## Exercise directions
For every line in the data below that contains "Bytes", copy the line.

%%

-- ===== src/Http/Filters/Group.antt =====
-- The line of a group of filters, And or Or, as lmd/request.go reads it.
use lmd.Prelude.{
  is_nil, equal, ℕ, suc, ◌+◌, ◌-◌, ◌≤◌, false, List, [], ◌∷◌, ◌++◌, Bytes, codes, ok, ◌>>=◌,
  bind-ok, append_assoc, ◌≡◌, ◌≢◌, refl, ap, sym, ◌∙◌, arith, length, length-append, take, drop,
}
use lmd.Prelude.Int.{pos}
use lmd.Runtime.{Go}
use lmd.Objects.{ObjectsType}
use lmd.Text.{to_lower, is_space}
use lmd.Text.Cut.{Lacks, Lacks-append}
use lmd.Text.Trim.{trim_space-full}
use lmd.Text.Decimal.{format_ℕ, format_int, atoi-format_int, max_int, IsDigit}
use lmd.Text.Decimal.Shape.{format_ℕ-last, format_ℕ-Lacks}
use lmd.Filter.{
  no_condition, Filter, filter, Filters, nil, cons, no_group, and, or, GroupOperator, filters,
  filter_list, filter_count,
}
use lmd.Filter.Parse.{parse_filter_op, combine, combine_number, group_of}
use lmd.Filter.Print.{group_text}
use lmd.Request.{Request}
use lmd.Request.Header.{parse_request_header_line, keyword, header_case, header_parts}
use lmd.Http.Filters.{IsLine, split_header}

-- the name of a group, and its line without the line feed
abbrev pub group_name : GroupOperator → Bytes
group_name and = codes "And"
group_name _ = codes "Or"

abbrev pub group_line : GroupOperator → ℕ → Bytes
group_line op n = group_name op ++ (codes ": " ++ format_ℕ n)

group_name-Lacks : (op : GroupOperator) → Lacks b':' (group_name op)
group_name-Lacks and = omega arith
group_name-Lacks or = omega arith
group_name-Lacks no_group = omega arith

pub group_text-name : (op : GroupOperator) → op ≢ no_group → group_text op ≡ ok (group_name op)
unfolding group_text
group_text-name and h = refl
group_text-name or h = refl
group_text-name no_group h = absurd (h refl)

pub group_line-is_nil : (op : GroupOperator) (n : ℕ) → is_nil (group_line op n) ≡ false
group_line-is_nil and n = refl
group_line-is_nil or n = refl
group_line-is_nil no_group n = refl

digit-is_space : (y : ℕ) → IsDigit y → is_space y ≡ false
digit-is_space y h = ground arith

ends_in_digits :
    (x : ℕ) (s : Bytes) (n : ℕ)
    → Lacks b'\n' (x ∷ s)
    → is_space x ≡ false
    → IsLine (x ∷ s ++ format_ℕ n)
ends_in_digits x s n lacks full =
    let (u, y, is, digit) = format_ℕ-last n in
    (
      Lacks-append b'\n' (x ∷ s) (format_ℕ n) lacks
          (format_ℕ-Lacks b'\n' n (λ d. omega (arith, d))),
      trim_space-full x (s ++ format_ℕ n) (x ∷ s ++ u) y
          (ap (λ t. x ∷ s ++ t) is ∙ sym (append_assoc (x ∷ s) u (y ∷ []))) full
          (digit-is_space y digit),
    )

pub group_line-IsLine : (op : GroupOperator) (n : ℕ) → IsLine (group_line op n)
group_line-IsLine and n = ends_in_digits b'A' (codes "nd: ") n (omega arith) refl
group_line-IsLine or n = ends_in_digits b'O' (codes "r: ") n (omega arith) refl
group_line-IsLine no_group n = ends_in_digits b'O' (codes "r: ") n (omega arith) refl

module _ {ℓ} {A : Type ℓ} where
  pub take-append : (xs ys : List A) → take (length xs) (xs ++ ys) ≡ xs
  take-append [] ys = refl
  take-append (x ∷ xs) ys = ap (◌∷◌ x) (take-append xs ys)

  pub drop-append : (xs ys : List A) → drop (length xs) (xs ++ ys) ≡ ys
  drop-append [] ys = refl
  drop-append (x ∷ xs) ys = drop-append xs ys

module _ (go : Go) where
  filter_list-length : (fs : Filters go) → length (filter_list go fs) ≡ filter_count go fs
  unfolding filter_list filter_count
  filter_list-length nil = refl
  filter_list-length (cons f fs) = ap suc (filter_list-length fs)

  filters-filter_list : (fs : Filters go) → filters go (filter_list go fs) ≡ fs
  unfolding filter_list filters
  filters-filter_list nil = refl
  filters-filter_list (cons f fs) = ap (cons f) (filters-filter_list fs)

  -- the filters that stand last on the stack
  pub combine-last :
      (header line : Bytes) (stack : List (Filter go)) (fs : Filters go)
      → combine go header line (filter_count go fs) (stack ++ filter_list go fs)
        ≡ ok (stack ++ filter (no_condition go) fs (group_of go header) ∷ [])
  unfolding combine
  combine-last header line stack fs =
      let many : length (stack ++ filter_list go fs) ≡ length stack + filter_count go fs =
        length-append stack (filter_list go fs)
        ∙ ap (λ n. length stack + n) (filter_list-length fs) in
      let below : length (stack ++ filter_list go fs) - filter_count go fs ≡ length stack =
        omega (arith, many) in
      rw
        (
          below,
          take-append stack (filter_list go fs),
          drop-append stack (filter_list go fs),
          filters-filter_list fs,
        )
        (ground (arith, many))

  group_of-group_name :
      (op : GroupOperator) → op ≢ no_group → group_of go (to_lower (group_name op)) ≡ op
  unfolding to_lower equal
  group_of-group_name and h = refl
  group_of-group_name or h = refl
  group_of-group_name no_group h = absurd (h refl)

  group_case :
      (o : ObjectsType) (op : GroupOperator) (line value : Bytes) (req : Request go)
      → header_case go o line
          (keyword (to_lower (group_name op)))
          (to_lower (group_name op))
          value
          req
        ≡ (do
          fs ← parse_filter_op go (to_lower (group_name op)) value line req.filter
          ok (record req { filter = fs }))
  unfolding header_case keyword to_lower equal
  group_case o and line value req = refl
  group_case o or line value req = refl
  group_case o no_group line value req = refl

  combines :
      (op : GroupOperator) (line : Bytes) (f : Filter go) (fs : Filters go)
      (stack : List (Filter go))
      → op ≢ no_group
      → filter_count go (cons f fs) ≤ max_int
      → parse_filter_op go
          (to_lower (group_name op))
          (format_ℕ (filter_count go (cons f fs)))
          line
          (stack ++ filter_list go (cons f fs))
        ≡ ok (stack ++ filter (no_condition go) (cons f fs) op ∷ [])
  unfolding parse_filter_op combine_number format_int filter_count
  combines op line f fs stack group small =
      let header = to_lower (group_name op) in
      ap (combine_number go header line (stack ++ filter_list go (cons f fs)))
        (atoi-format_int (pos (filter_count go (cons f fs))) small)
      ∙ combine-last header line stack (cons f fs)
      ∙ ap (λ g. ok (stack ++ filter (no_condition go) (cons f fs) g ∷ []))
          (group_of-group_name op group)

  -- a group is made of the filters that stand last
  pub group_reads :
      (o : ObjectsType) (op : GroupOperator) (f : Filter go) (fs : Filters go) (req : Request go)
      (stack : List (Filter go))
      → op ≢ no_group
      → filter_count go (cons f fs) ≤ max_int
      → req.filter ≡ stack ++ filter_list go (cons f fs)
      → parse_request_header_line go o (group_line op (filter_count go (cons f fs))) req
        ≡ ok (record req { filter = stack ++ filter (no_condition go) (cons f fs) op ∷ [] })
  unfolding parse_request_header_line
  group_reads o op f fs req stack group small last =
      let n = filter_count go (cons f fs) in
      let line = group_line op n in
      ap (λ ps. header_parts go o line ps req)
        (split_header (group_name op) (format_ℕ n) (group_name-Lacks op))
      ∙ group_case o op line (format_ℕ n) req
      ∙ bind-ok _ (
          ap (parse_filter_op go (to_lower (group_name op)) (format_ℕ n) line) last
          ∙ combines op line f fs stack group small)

%%

## Answer to the problem
  is_nil, equal, ℕ, suc, ◌+◌, ◌-◌, ◌≤◌, false, List, [], ◌∷◌, ◌++◌, Bytes, codes, ok, ◌>>=◌,
abbrev pub group_name : GroupOperator → Bytes
abbrev pub group_line : GroupOperator → ℕ → Bytes
    (x : ℕ) (s : Bytes) (n : ℕ)
      (header line : Bytes) (stack : List (Filter go)) (fs : Filters go)
      (o : ObjectsType) (op : GroupOperator) (line value : Bytes) (req : Request go)
      (op : GroupOperator) (line : Bytes) (f : Filter go) (fs : Filters go)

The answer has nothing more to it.